(Exercise):
Type out the entries again, matching each one exactly.

(Items listed in a dataset)
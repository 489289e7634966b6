-- ===== src/Subscription/Metering.antt =====
-- src/modules/subscription/service.ts: what `recordUsage` adds to the usage of a period.
use text.Mathlib.TextPositions.{eq_refl}
use wasla_core.Base.{
  ℕ, ◌+◌, ◌≤◌, String, none, some, true, false, ◌≡◌, refl, sym, ap, subst, ◌∙◌, ◌⊎◌, inl, inr, List,
  [], ◌∷◌, ◌++◌, is_some, arith, if◌then◌else◌,
}
use wasla_core.Base.Table.{
  Table, put, values, values-put_new, AllBelow, AllBelow-put, AllBelow-le, IsKeyed, IsKeyed-put,
  get-above,
}
use wasla_core.Money.Retry.{find-append}
use wasla_core.Money.Store.{find}
use wasla_core.Platform.Errors.{Failure, ok, err}
use wasla_core.Platform.UnitOfWork.{System, nothing_staged}
use wasla_core.Subscription.Domain.{UsageRecord}
use wasla_core.Subscription.Store.{
  SubscriptionStore, find_usage_by_reference, usage_total, total_of, is_metered, is_reported,
  is_usage_clash,
}
use wasla_core.Subscription.Usage.{RecordUsageInput, record_usage, usage_body}
use wasla_core.Subscription.Outcomes.{
  Answer, Written, Outcome, IsEarlier, IsReport, told-Outcome, body-Told, with_usage,
}

total-append :
    (period_id : ℕ) (feature_key : String) (us : List UsageRecord) (u : UsageRecord) (n : ℕ)
    → total_of period_id feature_key (us ++ u ∷ []) n
      ≡ total_of period_id feature_key us n
        + (if is_metered period_id feature_key u then u.quantity else 0)
unfolding total_of
total-append period_id feature_key [] u n = ground arith
total-append period_id feature_key (x ∷ us) u n =
    total-append period_id feature_key us u
      (if is_metered period_id feature_key x then n + x.quantity else n)

abbrev pub usage_key : UsageRecord → ℕ
usage_key u = u.usage_id

-- No other row has the key of a row with a new identifier, so none has it.
unclashed-free :
    (u : UsageRecord) (t : Table UsageRecord)
    → AllBelow usage_key u.usage_id t
    → is_some (find (is_usage_clash u) (values t)) ≡ false
    → find (is_reported u.period_id u.feature_key u.usage_reference) (values t) ≡ none
unfolding values
unclashed-free u [] b h = refl
unclashed-free u ((k, x) ∷ t) b h = ground (arith, b.0, unclashed-free u t b.1)

reported_self : (u : UsageRecord) → is_reported u.period_id u.feature_key u.usage_reference u ≡ true
reported_self u = ground (arith, eq_refl u.feature_key, eq_refl u.usage_reference)

-- The identifiers of the usage records: each row under its own, and all below the next.
abbrev pub IsTidy : System SubscriptionStore → Type 0
IsTidy sys = IsKeyed usage_key sys.store.usage × AllBelow usage_key sys.next_id sys.store.usage

-- What a new record changes.
abbrev pub Counted : System SubscriptionStore → UsageRecord → Answer → Type 0
Counted sys u r =
    (r.0 ≡ ok (u, true))
    × (find_usage_by_reference u.period_id u.feature_key u.usage_reference sys.store ≡ none)
    × (find_usage_by_reference u.period_id u.feature_key u.usage_reference r.1.store ≡ some u)
    × ((period_id : ℕ) (feature_key : String)
        → usage_total period_id feature_key r.1.store
          ≡ usage_total period_id feature_key sys.store
            + (if is_metered period_id feature_key u then u.quantity else 0))

tidy_of :
    (n m : ℕ) (s s' : SubscriptionStore)
    → s' ≡ s
    → n ≤ m
    → IsKeyed usage_key s.usage
    → AllBelow usage_key n s.usage
    → IsKeyed usage_key s'.usage × AllBelow usage_key m s'.usage
tidy_of n m s s' same le keyed below =
    subst (λ x. IsKeyed usage_key x.usage × AllBelow usage_key m x.usage) (sym same)
      (keyed, AllBelow-le usage_key n m s.usage le below)

module _ (sys : System SubscriptionStore) (tidy : IsTidy sys) (u : UsageRecord)
    (own : u.usage_id ≡ sys.next_id) where
  Written-IsTidy : (r : Answer) → Written sys u r → IsTidy r.1
  Written-IsTidy r w =
      let m = r.1.next_id in
      tidy_of m m (with_usage u sys.store) r.1.store w.3 (omega arith)
        (IsKeyed-put usage_key u sys.store.usage tidy.0)
        (AllBelow-put usage_key m u sys.store.usage w.1
          (AllBelow-le usage_key sys.next_id m sys.store.usage (omega (arith, own, w.1)) tidy.1))

  new_rows : values (put u.usage_id u sys.store.usage) ≡ values sys.store.usage ++ u ∷ []
  new_rows = values-put_new u.usage_id u sys.store.usage (
      get-above usage_key sys.next_id u.usage_id sys.store.usage tidy.0 tidy.1 (omega (arith, own)))

  Written-Counted : (r : Answer) → Written sys u r → Counted sys u r
  unfolding find_usage_by_reference usage_total
  Written-Counted r w =
      let none_yet =
        unclashed-free u sys.store.usage
          (subst (λ n. AllBelow usage_key n sys.store.usage) (sym own) tidy.1) w.2 in
      let rows : values r.1.store.usage ≡ values sys.store.usage ++ u ∷ [] =
        ap (λ (s : SubscriptionStore). values s.usage) w.3 ∙ new_rows in
      (
        w.0,
        none_yet,
        ap (find (is_reported u.period_id u.feature_key u.usage_reference)) rows
            ∙ find-append (is_reported u.period_id u.feature_key u.usage_reference)
                (values sys.store.usage) u none_yet (reported_self u),
        λ period_id feature_key.
            ap (λ us. total_of period_id feature_key us 0) rows
            ∙ total-append period_id feature_key (values sys.store.usage) u 0,
      )

-- A report of usage, whatever state it read, keeps the identifiers in order, and is refused with no row changed,
-- or answers the record that the read state has under the report's period, feature and reference with no row
-- changed, or answers a new record: its period is the one that covers the report's instant in the state
-- read, its feature, reference and quantity are the report's, none had that key, it is what a search for
-- the key finds, and of all totals only its period's for its feature grows, by the quantity.
pub record_usage-counts_once :
    (input : RecordUsageInput) (seen sys : System SubscriptionStore)
    → IsTidy sys
    → let r = record_usage input seen sys in
      IsTidy r.1
      × (((r.1.store ≡ sys.store) × ((e : Failure) × (r.0 ≡ err e)))
          ⊎ ((r.1.store ≡ sys.store)
              × ((u : UsageRecord) × (r.0 ≡ ok (u, false)) × IsEarlier input seen u))
          ⊎ ((u : UsageRecord) × IsReport input seen u × Counted sys u r))
unfolding record_usage Outcome
record_usage-counts_once input seen sys tidy =
    let r = record_usage input seen sys in
    let kept = tidy_of sys.next_id r.1.next_id sys.store r.1.store in
    elim (told-Outcome input seen sys (usage_body input seen (nothing_staged sys))
      (body-Told input seen sys)) [
        | inl ((same, next), thrown) ↦ (kept same next tidy.0 tidy.1, inl (same, thrown))
        | inr (inl ((same, next), earlier)) ↦
            (kept same next tidy.0 tidy.1, inr (inl (same, earlier)))
        | inr (inr (u, own, report, done)) ↦ (
          Written-IsTidy sys tidy u own r done,
          inr (inr (u, report, Written-Counted sys tidy u own r done)),
        )
      ]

(Task answer):
repository 489289e7634966b6
-- ===== src/Subscription/Metering.antt =====
-- src/modules/subscription/service.ts: what `recordUsage` adds to the usage of a period.
use text.Mathlib.TextPositions.{eq_refl}
use wasla_core.Base.{
  ℕ, ◌+◌, ◌≤◌, String, none, some, true, false, ◌≡◌, refl, sym, ap, subst, ◌∙◌, ◌⊎◌, inl, inr, List,
  [], ◌∷◌, ◌++◌, is_some, arith, if◌then◌else◌,
}
use wasla_core.Base.Table.{
  Table, put, values, values-put_new, AllBelow, AllBelow-put, AllBelow-le, IsKeyed, IsKeyed-put,
  get-above,
}
use wasla_core.Money.Retry.{find-append}
use wasla_core.Money.Store.{find}
use wasla_core.Platform.Errors.{Failure, ok, err}
use wasla_core.Platform.UnitOfWork.{System, nothing_staged}
use wasla_core.Subscription.Domain.{UsageRecord}
use wasla_core.Subscription.Store.{
  SubscriptionStore, find_usage_by_reference, usage_total, total_of, is_metered, is_reported,
  is_usage_clash,
}
use wasla_core.Subscription.Usage.{RecordUsageInput, record_usage, usage_body}
use wasla_core.Subscription.Outcomes.{
  Answer, Written, Outcome, IsEarlier, IsReport, told-Outcome, body-Told, with_usage,
}

total-append :
    (period_id : ℕ) (feature_key : String) (us : List UsageRecord) (u : UsageRecord) (n : ℕ)
    → total_of period_id feature_key (us ++ u ∷ []) n
      ≡ total_of period_id feature_key us n
        + (if is_metered period_id feature_key u then u.quantity else 0)
unfolding total_of
total-append period_id feature_key [] u n = ground arith
total-append period_id feature_key (x ∷ us) u n =
    total-append period_id feature_key us u
      (if is_metered period_id feature_key x then n + x.quantity else n)

abbrev pub usage_key : UsageRecord → ℕ
usage_key u = u.usage_id

-- No other row has the key of a row with a new identifier, so none has it.
unclashed-free :
    (u : UsageRecord) (t : Table UsageRecord)
    → AllBelow usage_key u.usage_id t
    → is_some (find (is_usage_clash u) (values t)) ≡ false
    → find (is_reported u.period_id u.feature_key u.usage_reference) (values t) ≡ none
unfolding values
unclashed-free u [] b h = refl
unclashed-free u ((k, x) ∷ t) b h = ground (arith, b.0, unclashed-free u t b.1)

reported_self : (u : UsageRecord) → is_reported u.period_id u.feature_key u.usage_reference u ≡ true
reported_self u = ground (arith, eq_refl u.feature_key, eq_refl u.usage_reference)

-- The identifiers of the usage records: each row under its own, and all below the next.
abbrev pub IsTidy : System SubscriptionStore → Type 0
IsTidy sys = IsKeyed usage_key sys.store.usage × AllBelow usage_key sys.next_id sys.store.usage

-- What a new record changes.
abbrev pub Counted : System SubscriptionStore → UsageRecord → Answer → Type 0
Counted sys u r =
    (r.0 ≡ ok (u, true))
    × (find_usage_by_reference u.period_id u.feature_key u.usage_reference sys.store ≡ none)
    × (find_usage_by_reference u.period_id u.feature_key u.usage_reference r.1.store ≡ some u)
    × ((period_id : ℕ) (feature_key : String)
        → usage_total period_id feature_key r.1.store
          ≡ usage_total period_id feature_key sys.store
            + (if is_metered period_id feature_key u then u.quantity else 0))

tidy_of :
    (n m : ℕ) (s s' : SubscriptionStore)
    → s' ≡ s
    → n ≤ m
    → IsKeyed usage_key s.usage
    → AllBelow usage_key n s.usage
    → IsKeyed usage_key s'.usage × AllBelow usage_key m s'.usage
tidy_of n m s s' same le keyed below =
    subst (λ x. IsKeyed usage_key x.usage × AllBelow usage_key m x.usage) (sym same)
      (keyed, AllBelow-le usage_key n m s.usage le below)

module _ (sys : System SubscriptionStore) (tidy : IsTidy sys) (u : UsageRecord)
    (own : u.usage_id ≡ sys.next_id) where
  Written-IsTidy : (r : Answer) → Written sys u r → IsTidy r.1
  Written-IsTidy r w =
      let m = r.1.next_id in
      tidy_of m m (with_usage u sys.store) r.1.store w.3 (omega arith)
        (IsKeyed-put usage_key u sys.store.usage tidy.0)
        (AllBelow-put usage_key m u sys.store.usage w.1
          (AllBelow-le usage_key sys.next_id m sys.store.usage (omega (arith, own, w.1)) tidy.1))

  new_rows : values (put u.usage_id u sys.store.usage) ≡ values sys.store.usage ++ u ∷ []
  new_rows = values-put_new u.usage_id u sys.store.usage (
      get-above usage_key sys.next_id u.usage_id sys.store.usage tidy.0 tidy.1 (omega (arith, own)))

  Written-Counted : (r : Answer) → Written sys u r → Counted sys u r
  unfolding find_usage_by_reference usage_total
  Written-Counted r w =
      let none_yet =
        unclashed-free u sys.store.usage
          (subst (λ n. AllBelow usage_key n sys.store.usage) (sym own) tidy.1) w.2 in
      let rows : values r.1.store.usage ≡ values sys.store.usage ++ u ∷ [] =
        ap (λ (s : SubscriptionStore). values s.usage) w.3 ∙ new_rows in
      (
        w.0,
        none_yet,
        ap (find (is_reported u.period_id u.feature_key u.usage_reference)) rows
            ∙ find-append (is_reported u.period_id u.feature_key u.usage_reference)
                (values sys.store.usage) u none_yet (reported_self u),
        λ period_id feature_key.
            ap (λ us. total_of period_id feature_key us 0) rows
            ∙ total-append period_id feature_key (values sys.store.usage) u 0,
      )

-- A report of usage, whatever state it read, keeps the identifiers in order, and is refused with no row changed,
-- or answers the record that the read state has under the report's period, feature and reference with no row
-- changed, or answers a new record: its period is the one that covers the report's instant in the state
-- read, its feature, reference and quantity are the report's, none had that key, it is what a search for
-- the key finds, and of all totals only its period's for its feature grows, by the quantity.
pub record_usage-counts_once :
    (input : RecordUsageInput) (seen sys : System SubscriptionStore)
    → IsTidy sys
    → let r = record_usage input seen sys in
      IsTidy r.1
      × (((r.1.store ≡ sys.store) × ((e : Failure) × (r.0 ≡ err e)))
          ⊎ ((r.1.store ≡ sys.store)
              × ((u : UsageRecord) × (r.0 ≡ ok (u, false)) × IsEarlier input seen u))
          ⊎ ((u : UsageRecord) × IsReport input seen u × Counted sys u r))
unfolding record_usage Outcome
record_usage-counts_once input seen sys tidy =
    let r = record_usage input seen sys in
    let kept = tidy_of sys.next_id r.1.next_id sys.store r.1.store in
    elim (told-Outcome input seen sys (usage_body input seen (nothing_staged sys))
      (body-Told input seen sys)) [
        | inl ((same, next), thrown) ↦ (kept same next tidy.0 tidy.1, inl (same, thrown))
        | inr (inl ((same, next), earlier)) ↦
            (kept same next tidy.0 tidy.1, inr (inl (same, earlier)))
        | inr (inr (u, own, report, done)) ↦ (
          Written-IsTidy sys tidy u own r done,
          inr (inr (u, report, Written-Counted sys tidy u own r done)),
        )
      ]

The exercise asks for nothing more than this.